Aidling – Viele Hobby-Gärtner juckte es bei den frühlingshaften Temperaturen bereits in den Fingern: Saftige Salatpflänzchen zieren seitdem wieder ihre Beete. Hellblaue Hortensien die Terrassen. Die vielen Sonnenstunden ließen auch Obstbäume und Blumen im Garten nicht unbeeindruckt. Kirschen und Aprikosen standen in voller Blüte. Hyazinthen und Osterglocken sprießten. Mit Schrecken mag da wohl so mancher Pflanzenliebhaber auf den Wintereinbruch reagiert haben. Kann der Schnee dem Garten gefährlich werden?
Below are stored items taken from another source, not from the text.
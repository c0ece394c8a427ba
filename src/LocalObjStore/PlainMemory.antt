-- ===== src/LocalObjStore/PlainMemory.antt =====
-- A small system with shared memory that keeps what `IsSystem` asks of the calls of
-- go/cmd/localobjstore/main.go: files by their paths, and one descriptor.
use babyray.Common.{
  ℕ, zero, suc, ◌<◌, ◌≡◌, ◌≢◌, refl, sym, ap, ◌∙◌, subst, Bool, true, false, [], ◌∷◌, Outcome, ok,
  ok_injective, err, length, ltb, ltb→lt, if◌then◌else◌, arith, Bool-cases, inl, inr,
}
use babyray.Common.Text.{Text, ◌=text=◌, =text=_iff}
use babyray.Wire.{Bytes}
use babyray.LocalObjStore.SharedMemory.{System, IsSystem}

pub record Files : Type 0 where
  pub bytes_of : Text → Bytes
  pub last_opened : Text

pub record Region : Type 0 where
  pub path : Text
  pub size : ℕ

abbrev write : Files → Text → Bytes → Files
write m path bytes = record m { bytes_of = λ q. if q =text= path then bytes else m.bytes_of q }

abbrev resize : ℕ → Bytes → Bytes
resize zero bytes = []
resize (suc n) [] = 0 ∷ resize n []
resize (suc n) (b ∷ bytes) = b ∷ resize n bytes

abbrev map_if : Bool → Files → ℕ → Outcome ℕ Region
map_if true m size = ok (record { path = m.last_opened; size = size })
map_if false m size = err 22

abbrev pub plain_memory : System Files Region ℕ
plain_memory = record {
  sys_open = λ m path create. ok (record m { last_opened = path }, 3);
  ftruncate = λ m fd size. ok (write m m.last_opened (resize size (m.bytes_of m.last_opened)));
  mmap = λ m fd size. map_if (ltb 0 size) m size;
  close = λ m fd. ok m;
  unlink = λ m path. ok (write m path []);
  copy_into = λ m r bytes. write m r.path bytes;
  bytes_at = λ m r. m.bytes_of r.path;
}

length-resize : (n : ℕ) (bytes : Bytes) → length (resize n bytes) ≡ n
length-resize zero bytes = refl
length-resize (suc n) [] = ap suc (length-resize n [])
length-resize (suc n) (b ∷ bytes) = ap suc (length-resize n bytes)

write_self : (m : Files) (path : Text) (bytes : Bytes) → (write m path bytes).bytes_of path ≡ bytes
write_self m path bytes = rw ((=text=_iff path path).1 refl) refl

write_other :
    (m : Files) (path q : Text) (bytes : Bytes)
    → q ≢ path
    → (write m path bytes).bytes_of q ≡ m.bytes_of q
write_other m path q bytes other = elim (Bool-cases (q =text= path)) [
  | inl same ↦ absurd (other ((=text=_iff q path).0 same))
  | inr differ ↦ rw differ refl
]

map_if-region :
    (m : Files) (size : ℕ) (r : Region) (fits : Bool)
    → ltb 0 size ≡ fits
    → map_if fits m size ≡ ok r
    → (r.path ≡ m.last_opened) × (r.size ≡ size) × (0 < size)
map_if-region m size r true some_bytes e =
    subst (λ r'. (r'.path ≡ m.last_opened) × (r'.size ≡ size) × (0 < size)) (ok_injective _ _ e)
      (refl, refl, ltb→lt 0 size some_bytes)
map_if-region m size r false no_bytes e = absurd (ground (arith, e))

pub plain_memory-IsSystem : IsSystem plain_memory
plain_memory-IsSystem = record {
  contents = λ m q. m.bytes_of q;
  file_of = λ m fd. m.last_opened;
  mapped = λ r. r.path;
  mapped_length = λ r. r.size;
  open_file = λ m path create m' fd e.
      subst (λ p. (p.0.last_opened ≡ path) × ((q : Text) → p.0.bytes_of q ≡ m.bytes_of q))
        (ok_injective _ _ e) (refl, λ q. refl);
  ftruncate_length = λ m fd size m' e.
      let bytes = resize size (m.bytes_of m.last_opened) in
      subst
        (λ m2.
          (m2.last_opened ≡ m.last_opened)
          × (length (m2.bytes_of m.last_opened) ≡ size)
          × ((q : Text) → q ≢ m.last_opened → m2.bytes_of q ≡ m.bytes_of q))
        (ok_injective _ _ e)
        (
          refl,
          ap length (write_self m m.last_opened bytes) ∙ length-resize size _,
          λ q other. write_other m m.last_opened q bytes other,
        );
  mmap_region = λ m fd size r e. map_if-region m size r (ltb 0 size) refl e;
  close_contents = λ m fd m' e q. ap (λ m2. m2.bytes_of q) (sym (ok_injective m m' e));
  copy_into_contents = λ m r bytes len len'.
      (write_self m r.path bytes, λ q other. write_other m r.path q bytes other);
  bytes_at_contents = λ m r len. refl;
}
Der Schnee ist kein Grund zur Panik, sagt Magdalena Kühn, zweite Vorsitzende des oberbayerischen Bezirksverbandes für Gartenkultur und Landespflege. Gerade wenn er nur so kurz liegen bleibt. Frühjahrsblüher wie Narzissen sind sogar froh um die Kühle, lässt sie verfrühte Wärme doch oft viel zu vorschnell austreiben, so Kühn. „Wenn sie nicht gleich durch ganze Schneemassen umknicken, halten sie so sogar viel länger“, weiß die Garten-Expertin. Schnee im April isoliert und konserviert also nicht nur die Pflanzen, er versorgt den Boden auch mit wertvollen Wasserreserven.

Kälteschutz für Blumen und Obstbäume

In ihrem heimischen Garten in Aidling (Landkreis Garmisch-Partenkirchen) kann Kühn es meist selbst nicht lassen, schon bei den ersten Sonnenstrahlen im März wieder anzupacken. „Auf meinen Salatpflänzchen liegt jedes Jahr Schnee“, sagt sie. Geschadet hat es ihnen nie. Im richtigen Moment muss man eben reagieren. Sollte es etwa über Nacht besonders frostig werden, empfiehlt Kühn, die Pflanzen einfach mit einem Gartenfleece zu bedecken. Ebenso wie Obst- und Spalierbäume. Hat man keines zur Hand, tut es der Expertin zufolge auch ein altes Leintuch.

Wer nicht abgedeckt hat, kann den Schnee am Morgen auch ganz vorsichtig abschütteln. „So verringert man den Druck“, erklärt Kühn. Und wo das Tränende Herz schon blüht oder der Rhabarber aus der Erde spitzt, schützt auch ein umgestürzter Eimer vor Frost. „Das isoliert die Pflanzen in der Nacht vor Kälte“, erklärt sie. „Damit sie nicht schwitzen, sollte man sie am Tag aber gleich wieder an die Luft und Sonne lassen.“ Auch Balkon-Pflanzen kann man so gut vor Kälte schützen. „Am besten stellt man sie zusammen in eine windgeschützte Ecke oder an die Hauswand“, erklärt Kühn. Schon ein bis zwei Grad können für Topf- und Kübelpflanzen eben den entscheidenden Unterschied machen.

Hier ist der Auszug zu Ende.